# [To do]
Among the entries below, find the line with "abbrev pub first_offline", then quote it and each following line up to and including the line with "tracked [] since = since", and nothing else.
§ §
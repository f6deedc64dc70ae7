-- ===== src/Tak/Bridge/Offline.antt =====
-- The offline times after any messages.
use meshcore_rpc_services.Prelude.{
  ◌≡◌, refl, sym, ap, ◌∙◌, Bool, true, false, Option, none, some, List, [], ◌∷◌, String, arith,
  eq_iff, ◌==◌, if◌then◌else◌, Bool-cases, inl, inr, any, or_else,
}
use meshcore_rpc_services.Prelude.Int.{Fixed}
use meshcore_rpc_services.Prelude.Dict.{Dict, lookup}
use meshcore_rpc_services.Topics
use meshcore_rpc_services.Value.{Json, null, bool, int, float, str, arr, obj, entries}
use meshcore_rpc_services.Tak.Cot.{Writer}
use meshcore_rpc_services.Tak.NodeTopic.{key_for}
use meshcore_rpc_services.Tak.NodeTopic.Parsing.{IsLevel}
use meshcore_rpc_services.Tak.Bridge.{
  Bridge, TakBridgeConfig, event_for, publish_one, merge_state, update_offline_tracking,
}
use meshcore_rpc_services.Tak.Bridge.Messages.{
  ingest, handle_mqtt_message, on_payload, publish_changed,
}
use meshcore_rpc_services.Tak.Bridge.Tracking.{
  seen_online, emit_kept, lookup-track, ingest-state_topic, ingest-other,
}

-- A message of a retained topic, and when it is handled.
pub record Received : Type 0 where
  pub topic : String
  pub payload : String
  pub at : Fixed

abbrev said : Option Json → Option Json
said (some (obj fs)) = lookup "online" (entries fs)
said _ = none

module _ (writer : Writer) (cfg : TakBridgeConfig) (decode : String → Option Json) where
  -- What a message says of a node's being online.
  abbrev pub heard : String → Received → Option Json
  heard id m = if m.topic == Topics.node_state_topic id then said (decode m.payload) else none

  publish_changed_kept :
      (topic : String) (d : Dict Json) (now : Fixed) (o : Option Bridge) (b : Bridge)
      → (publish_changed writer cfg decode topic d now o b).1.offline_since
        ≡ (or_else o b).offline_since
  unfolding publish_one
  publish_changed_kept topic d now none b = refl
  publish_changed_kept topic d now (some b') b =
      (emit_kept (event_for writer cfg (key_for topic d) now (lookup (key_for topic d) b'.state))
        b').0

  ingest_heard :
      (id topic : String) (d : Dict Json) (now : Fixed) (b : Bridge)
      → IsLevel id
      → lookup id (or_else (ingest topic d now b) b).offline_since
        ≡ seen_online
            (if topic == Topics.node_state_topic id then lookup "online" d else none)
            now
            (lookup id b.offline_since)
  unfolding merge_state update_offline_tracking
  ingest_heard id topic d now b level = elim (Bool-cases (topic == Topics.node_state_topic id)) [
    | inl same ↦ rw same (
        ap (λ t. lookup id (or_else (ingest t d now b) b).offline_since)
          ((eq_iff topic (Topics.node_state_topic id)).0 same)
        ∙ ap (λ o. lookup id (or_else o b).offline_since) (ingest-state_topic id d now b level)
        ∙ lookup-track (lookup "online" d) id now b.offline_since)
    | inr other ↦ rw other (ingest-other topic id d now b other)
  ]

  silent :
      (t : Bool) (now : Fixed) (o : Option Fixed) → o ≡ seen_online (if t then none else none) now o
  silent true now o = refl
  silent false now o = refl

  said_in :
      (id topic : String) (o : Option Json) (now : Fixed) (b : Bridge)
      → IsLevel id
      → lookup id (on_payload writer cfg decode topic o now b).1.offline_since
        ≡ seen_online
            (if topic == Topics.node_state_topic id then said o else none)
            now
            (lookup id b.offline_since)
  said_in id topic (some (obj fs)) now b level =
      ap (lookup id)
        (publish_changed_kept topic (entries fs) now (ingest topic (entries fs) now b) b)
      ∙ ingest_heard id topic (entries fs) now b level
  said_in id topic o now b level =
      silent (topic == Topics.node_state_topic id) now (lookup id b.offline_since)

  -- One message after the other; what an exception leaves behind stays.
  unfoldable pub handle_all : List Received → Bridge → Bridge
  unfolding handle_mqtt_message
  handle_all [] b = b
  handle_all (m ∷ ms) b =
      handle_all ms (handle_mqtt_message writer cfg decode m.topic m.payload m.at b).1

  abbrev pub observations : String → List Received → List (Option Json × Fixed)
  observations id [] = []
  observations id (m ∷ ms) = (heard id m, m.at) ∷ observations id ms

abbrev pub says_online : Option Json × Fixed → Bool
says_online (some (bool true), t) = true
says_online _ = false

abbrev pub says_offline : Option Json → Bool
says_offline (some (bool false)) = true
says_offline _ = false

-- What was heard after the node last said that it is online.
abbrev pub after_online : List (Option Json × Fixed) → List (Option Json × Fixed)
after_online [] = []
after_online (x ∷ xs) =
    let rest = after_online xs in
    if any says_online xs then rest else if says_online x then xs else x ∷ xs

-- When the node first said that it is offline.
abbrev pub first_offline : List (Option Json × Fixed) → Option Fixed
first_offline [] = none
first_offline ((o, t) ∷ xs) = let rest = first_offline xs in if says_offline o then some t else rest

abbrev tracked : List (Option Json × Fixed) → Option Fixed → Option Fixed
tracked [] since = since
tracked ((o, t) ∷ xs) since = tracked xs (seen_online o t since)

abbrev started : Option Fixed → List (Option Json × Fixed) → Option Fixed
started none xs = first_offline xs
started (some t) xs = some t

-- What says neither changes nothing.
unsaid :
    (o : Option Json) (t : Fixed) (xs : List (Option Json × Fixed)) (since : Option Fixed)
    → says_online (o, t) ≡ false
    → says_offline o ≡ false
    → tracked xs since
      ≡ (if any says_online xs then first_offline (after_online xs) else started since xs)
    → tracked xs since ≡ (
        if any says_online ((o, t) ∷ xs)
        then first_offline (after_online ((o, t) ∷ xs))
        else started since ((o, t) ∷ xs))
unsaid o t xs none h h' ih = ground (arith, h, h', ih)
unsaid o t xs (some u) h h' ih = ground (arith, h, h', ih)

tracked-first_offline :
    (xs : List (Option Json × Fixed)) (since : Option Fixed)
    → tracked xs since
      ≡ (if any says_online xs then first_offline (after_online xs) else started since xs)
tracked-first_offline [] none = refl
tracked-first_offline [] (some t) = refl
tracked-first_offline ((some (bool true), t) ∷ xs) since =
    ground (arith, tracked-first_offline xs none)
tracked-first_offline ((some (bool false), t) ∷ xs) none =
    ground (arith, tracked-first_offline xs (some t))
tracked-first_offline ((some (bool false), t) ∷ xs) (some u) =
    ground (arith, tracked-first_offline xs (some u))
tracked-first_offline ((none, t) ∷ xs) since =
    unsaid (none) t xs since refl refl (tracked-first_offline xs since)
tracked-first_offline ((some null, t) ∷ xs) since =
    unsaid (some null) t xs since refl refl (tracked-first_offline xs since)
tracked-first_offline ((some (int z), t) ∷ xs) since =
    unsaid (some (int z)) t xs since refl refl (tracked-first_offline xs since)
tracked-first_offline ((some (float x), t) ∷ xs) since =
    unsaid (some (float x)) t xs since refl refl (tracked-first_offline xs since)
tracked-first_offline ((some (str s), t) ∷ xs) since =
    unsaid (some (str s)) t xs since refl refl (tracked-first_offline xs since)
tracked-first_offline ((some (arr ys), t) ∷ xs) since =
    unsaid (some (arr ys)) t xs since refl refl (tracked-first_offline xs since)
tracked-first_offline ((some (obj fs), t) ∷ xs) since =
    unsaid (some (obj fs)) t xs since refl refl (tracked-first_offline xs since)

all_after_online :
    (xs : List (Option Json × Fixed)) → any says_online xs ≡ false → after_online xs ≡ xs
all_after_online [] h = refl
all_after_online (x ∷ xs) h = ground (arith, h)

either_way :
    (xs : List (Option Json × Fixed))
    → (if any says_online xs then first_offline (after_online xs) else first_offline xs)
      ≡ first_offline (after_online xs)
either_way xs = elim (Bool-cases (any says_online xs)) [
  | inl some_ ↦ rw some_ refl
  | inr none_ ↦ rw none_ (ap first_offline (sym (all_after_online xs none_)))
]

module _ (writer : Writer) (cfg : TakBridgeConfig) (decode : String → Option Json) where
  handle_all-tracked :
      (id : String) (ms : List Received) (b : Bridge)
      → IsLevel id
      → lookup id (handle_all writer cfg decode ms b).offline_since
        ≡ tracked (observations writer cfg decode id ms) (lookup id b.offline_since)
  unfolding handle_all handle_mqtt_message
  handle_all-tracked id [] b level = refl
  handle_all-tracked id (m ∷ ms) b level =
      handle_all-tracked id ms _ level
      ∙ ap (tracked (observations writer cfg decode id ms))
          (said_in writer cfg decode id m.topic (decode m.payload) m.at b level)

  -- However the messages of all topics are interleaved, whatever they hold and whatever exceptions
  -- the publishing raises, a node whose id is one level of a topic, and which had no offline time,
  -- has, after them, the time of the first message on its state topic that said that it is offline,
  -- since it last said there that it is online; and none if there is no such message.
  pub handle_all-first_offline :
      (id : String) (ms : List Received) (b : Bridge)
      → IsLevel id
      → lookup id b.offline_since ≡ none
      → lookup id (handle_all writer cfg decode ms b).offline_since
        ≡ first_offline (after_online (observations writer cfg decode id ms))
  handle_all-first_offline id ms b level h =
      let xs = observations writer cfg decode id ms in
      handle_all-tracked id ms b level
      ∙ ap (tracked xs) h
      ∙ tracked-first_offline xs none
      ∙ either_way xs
§ §
# [Problem solution]
abbrev pub first_offline : List (Option Json × Fixed) → Option Fixed
first_offline [] = none
first_offline ((o, t) ∷ xs) = let rest = first_offline xs in if says_offline o then some t else rest

abbrev tracked : List (Option Json × Fixed) → Option Fixed → Option Fixed
tracked [] since = since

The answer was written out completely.